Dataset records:

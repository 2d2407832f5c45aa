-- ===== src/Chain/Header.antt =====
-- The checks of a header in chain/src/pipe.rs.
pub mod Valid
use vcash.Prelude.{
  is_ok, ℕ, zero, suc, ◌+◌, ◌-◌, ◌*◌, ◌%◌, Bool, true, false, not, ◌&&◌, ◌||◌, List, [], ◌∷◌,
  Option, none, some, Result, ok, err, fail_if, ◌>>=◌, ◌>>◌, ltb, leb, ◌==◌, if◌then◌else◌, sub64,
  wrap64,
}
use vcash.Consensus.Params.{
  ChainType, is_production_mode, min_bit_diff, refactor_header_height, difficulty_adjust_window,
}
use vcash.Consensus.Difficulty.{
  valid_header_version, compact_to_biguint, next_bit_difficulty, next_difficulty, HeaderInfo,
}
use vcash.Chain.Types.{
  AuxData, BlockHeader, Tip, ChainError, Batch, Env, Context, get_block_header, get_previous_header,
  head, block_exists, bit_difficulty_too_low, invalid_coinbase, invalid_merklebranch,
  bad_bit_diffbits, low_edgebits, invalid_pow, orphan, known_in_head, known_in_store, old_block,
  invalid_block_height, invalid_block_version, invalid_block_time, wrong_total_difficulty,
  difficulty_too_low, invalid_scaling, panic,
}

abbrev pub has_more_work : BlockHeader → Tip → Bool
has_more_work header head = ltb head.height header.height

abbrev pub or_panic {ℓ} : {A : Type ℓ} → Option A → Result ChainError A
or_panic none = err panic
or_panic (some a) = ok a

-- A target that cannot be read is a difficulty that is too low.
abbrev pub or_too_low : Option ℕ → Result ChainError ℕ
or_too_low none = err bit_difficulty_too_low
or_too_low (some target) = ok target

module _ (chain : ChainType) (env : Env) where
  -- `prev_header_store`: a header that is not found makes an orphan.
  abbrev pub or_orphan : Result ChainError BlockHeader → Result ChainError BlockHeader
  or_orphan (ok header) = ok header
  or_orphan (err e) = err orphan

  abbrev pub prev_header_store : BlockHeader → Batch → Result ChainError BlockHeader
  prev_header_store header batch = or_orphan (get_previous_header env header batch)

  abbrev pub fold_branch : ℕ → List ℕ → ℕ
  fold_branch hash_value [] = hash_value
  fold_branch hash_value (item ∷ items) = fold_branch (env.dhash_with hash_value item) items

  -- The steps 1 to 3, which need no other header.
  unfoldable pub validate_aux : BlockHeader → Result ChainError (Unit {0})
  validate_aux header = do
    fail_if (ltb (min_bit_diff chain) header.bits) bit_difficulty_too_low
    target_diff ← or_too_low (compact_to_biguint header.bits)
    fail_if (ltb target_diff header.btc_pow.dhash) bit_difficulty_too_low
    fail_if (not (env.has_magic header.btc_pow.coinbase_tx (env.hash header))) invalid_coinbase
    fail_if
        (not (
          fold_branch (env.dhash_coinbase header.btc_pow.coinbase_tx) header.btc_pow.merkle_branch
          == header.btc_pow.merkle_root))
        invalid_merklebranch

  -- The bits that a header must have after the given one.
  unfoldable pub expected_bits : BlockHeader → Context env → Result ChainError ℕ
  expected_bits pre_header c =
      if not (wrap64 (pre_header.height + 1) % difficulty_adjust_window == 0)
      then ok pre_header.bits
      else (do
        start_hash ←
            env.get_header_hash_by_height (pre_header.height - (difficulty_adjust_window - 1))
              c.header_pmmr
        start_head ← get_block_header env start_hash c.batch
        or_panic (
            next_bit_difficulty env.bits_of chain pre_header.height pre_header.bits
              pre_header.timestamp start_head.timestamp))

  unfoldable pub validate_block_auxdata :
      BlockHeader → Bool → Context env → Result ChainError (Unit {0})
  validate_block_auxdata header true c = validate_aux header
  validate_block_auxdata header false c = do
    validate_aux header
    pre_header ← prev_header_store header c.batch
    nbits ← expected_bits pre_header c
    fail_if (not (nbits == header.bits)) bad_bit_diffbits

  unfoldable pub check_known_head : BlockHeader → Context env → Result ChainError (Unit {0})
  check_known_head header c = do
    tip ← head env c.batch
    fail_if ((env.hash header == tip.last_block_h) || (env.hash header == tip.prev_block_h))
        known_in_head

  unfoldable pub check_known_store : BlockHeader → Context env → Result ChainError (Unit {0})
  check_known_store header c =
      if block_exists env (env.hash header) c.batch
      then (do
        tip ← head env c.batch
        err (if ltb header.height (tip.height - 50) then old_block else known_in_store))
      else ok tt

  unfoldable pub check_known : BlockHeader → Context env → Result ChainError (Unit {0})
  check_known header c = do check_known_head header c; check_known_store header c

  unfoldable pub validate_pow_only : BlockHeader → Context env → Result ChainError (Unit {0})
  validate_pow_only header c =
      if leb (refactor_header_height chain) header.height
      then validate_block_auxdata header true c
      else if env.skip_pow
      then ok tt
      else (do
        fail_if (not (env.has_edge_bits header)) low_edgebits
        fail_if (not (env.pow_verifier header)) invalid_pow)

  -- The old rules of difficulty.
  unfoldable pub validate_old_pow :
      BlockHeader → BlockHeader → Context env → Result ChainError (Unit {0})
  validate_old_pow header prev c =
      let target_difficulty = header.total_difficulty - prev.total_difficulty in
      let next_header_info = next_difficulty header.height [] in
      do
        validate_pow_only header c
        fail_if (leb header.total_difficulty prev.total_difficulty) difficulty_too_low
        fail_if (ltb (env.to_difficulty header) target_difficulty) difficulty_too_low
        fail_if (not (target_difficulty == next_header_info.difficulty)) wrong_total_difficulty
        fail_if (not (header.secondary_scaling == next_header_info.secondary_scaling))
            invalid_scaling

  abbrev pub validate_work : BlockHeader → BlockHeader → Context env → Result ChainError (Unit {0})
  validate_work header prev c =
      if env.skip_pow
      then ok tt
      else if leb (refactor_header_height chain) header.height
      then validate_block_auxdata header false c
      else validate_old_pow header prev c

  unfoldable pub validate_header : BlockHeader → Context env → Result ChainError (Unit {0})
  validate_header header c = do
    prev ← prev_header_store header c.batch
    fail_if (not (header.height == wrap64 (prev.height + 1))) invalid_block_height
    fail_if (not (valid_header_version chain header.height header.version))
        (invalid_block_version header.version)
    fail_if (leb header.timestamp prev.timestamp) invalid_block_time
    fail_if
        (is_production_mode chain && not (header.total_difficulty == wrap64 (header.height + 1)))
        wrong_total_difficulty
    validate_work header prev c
...
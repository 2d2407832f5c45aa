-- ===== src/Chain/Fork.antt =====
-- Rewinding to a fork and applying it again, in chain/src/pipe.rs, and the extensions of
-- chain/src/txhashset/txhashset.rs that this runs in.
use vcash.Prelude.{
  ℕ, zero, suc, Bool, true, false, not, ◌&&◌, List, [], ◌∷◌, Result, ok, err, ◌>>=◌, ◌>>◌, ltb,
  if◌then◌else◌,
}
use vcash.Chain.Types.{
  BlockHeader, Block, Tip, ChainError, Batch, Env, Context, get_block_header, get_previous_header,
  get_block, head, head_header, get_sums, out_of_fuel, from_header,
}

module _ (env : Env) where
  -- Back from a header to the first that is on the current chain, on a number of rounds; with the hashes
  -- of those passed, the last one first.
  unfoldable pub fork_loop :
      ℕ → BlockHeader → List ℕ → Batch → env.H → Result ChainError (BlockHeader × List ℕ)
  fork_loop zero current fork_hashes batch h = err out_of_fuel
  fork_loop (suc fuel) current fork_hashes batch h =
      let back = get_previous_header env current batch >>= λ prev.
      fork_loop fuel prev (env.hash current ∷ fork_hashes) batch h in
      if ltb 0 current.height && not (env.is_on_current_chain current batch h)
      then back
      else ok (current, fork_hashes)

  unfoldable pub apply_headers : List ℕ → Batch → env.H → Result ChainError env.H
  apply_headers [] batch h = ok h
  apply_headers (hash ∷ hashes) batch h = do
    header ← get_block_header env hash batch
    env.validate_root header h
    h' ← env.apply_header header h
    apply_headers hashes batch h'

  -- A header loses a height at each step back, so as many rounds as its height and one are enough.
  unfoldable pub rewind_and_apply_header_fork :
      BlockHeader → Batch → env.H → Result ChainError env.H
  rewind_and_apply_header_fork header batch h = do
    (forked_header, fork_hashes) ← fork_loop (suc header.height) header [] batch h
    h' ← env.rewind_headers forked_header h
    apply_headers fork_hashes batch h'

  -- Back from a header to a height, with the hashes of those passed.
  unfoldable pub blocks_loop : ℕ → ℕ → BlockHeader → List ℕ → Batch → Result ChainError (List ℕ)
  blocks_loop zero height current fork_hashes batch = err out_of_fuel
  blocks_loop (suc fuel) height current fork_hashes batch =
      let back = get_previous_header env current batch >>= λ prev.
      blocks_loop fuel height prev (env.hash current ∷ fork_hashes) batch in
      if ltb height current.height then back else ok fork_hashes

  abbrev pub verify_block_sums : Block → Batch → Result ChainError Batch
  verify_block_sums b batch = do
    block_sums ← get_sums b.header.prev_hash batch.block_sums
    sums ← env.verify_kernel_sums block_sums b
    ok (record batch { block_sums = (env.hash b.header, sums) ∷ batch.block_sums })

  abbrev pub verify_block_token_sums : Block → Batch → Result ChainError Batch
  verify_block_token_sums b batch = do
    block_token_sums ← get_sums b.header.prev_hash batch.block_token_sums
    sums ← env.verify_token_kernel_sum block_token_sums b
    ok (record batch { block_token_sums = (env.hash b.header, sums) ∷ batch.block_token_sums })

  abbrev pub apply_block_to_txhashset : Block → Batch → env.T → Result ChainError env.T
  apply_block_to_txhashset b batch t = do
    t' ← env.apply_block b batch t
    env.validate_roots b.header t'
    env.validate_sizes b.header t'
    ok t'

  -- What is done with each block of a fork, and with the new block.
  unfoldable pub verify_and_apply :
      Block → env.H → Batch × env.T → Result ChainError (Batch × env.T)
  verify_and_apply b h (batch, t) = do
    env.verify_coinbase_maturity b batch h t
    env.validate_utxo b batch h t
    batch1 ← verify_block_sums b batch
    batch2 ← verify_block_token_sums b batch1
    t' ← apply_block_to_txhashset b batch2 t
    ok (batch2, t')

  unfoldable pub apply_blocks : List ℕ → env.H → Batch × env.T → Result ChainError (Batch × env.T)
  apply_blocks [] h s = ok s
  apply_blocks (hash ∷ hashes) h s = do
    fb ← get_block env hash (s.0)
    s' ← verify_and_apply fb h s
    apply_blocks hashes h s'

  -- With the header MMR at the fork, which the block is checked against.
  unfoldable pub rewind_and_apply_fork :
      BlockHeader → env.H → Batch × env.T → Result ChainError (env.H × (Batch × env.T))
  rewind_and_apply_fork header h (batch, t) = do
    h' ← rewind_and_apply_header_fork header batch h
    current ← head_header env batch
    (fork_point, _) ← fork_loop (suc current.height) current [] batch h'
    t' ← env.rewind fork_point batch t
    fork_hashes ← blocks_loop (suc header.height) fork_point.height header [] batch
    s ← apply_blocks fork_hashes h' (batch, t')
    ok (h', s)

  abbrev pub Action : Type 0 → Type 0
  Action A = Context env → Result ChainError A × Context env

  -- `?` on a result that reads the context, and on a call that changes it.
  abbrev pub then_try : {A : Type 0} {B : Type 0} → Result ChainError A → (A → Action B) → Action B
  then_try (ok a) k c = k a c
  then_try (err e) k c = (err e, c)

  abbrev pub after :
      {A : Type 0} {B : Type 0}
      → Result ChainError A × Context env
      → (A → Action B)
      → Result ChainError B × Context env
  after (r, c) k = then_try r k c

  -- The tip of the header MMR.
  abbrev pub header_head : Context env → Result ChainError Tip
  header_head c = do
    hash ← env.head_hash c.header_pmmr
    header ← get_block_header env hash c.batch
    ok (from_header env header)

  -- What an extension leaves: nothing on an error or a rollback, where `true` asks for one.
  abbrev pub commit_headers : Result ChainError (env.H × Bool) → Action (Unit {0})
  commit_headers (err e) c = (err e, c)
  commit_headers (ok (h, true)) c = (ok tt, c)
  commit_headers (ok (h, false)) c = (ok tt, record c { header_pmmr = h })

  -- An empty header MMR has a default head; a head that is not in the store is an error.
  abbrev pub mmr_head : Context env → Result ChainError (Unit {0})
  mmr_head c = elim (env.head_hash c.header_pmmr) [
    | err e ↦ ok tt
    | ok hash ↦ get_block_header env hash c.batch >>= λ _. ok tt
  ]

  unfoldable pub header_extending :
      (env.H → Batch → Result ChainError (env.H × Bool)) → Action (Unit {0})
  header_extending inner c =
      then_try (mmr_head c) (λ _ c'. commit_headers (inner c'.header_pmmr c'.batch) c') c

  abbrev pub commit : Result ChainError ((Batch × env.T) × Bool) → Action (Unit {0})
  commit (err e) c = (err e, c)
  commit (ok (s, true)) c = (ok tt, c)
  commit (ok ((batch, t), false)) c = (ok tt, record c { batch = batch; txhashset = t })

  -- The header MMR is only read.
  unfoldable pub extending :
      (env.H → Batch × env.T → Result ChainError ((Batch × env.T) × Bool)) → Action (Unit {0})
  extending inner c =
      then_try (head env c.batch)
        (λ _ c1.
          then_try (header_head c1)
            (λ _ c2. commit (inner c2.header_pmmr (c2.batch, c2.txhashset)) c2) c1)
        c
...
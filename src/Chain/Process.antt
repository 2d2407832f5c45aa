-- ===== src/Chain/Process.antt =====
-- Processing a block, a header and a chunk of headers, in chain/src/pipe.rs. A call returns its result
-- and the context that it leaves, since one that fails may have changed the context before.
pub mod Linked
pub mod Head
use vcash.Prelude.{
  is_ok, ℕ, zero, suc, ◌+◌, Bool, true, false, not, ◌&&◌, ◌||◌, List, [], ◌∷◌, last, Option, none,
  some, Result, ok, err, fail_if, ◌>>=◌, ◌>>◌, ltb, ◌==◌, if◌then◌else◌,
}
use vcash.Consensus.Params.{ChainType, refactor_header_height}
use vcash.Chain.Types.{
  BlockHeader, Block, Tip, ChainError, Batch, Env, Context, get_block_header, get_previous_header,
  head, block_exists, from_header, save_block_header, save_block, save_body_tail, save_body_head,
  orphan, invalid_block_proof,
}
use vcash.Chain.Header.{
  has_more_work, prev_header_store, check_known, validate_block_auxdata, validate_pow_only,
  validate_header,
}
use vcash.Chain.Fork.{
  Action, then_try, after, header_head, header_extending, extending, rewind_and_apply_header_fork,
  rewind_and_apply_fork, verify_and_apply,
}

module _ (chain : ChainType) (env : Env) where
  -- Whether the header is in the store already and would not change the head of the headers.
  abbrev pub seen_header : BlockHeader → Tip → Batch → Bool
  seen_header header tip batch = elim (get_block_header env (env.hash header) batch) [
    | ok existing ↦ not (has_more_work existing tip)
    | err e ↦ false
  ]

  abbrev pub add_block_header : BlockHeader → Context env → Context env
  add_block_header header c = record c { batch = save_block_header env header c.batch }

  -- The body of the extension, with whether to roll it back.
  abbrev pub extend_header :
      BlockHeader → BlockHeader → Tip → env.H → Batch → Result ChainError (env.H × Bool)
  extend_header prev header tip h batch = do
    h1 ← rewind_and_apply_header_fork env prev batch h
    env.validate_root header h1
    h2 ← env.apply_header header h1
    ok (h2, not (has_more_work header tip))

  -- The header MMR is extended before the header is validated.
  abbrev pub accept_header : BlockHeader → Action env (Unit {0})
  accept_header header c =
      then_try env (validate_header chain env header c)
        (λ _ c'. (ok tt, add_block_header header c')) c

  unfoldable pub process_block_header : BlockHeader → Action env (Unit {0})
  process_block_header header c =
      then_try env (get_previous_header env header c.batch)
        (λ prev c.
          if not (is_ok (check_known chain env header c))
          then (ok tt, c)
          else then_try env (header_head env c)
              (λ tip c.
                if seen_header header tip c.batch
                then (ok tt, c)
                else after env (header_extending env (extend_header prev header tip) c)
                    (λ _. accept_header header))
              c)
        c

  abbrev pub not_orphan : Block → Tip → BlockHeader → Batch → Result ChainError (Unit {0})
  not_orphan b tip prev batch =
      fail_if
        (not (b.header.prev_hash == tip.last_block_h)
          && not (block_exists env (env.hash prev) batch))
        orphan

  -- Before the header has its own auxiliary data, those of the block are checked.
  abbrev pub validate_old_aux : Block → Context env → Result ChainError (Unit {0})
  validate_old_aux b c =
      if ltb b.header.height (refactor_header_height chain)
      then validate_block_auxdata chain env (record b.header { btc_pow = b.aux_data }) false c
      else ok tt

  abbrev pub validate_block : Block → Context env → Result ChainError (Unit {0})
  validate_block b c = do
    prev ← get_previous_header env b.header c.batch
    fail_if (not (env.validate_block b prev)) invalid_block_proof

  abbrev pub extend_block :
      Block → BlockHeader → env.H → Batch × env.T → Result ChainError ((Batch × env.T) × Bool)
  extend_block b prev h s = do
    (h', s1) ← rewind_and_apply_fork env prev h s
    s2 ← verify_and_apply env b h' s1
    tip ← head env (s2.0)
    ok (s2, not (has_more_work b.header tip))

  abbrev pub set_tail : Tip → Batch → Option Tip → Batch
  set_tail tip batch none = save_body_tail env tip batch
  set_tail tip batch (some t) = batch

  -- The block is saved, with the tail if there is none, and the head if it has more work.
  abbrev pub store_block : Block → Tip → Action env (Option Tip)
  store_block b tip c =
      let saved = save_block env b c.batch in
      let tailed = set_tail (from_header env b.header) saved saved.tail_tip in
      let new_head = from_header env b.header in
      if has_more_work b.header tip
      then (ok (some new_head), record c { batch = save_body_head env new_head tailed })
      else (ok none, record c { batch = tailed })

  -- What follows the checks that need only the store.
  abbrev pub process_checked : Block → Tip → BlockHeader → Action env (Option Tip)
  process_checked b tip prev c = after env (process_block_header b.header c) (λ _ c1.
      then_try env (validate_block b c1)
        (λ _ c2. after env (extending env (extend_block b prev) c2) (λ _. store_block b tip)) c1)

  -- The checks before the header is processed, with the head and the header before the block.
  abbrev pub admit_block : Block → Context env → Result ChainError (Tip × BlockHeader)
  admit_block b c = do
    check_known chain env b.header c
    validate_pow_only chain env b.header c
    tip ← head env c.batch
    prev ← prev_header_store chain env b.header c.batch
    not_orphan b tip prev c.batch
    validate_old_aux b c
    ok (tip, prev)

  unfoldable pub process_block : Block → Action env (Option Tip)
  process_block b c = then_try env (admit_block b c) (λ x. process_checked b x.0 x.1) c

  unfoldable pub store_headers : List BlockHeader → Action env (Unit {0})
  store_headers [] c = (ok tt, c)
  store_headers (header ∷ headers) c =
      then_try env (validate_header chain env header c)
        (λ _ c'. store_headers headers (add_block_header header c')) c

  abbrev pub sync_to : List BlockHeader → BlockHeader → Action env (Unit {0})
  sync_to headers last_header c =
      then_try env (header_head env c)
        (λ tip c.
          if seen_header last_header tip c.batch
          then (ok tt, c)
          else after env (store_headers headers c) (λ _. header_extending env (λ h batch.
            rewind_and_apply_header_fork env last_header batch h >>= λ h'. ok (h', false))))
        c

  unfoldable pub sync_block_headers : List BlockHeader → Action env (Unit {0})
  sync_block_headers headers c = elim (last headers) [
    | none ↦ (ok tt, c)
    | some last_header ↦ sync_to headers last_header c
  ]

Problem to work on – Copy out every line of the data in which the word "saved" is found.

Answer space –
  -- The block is saved, with the tail if there is none, and the head if it has more work.
      let saved = save_block env b c.batch in
      let tailed = set_tail (from_header env b.header) saved saved.tail_tip in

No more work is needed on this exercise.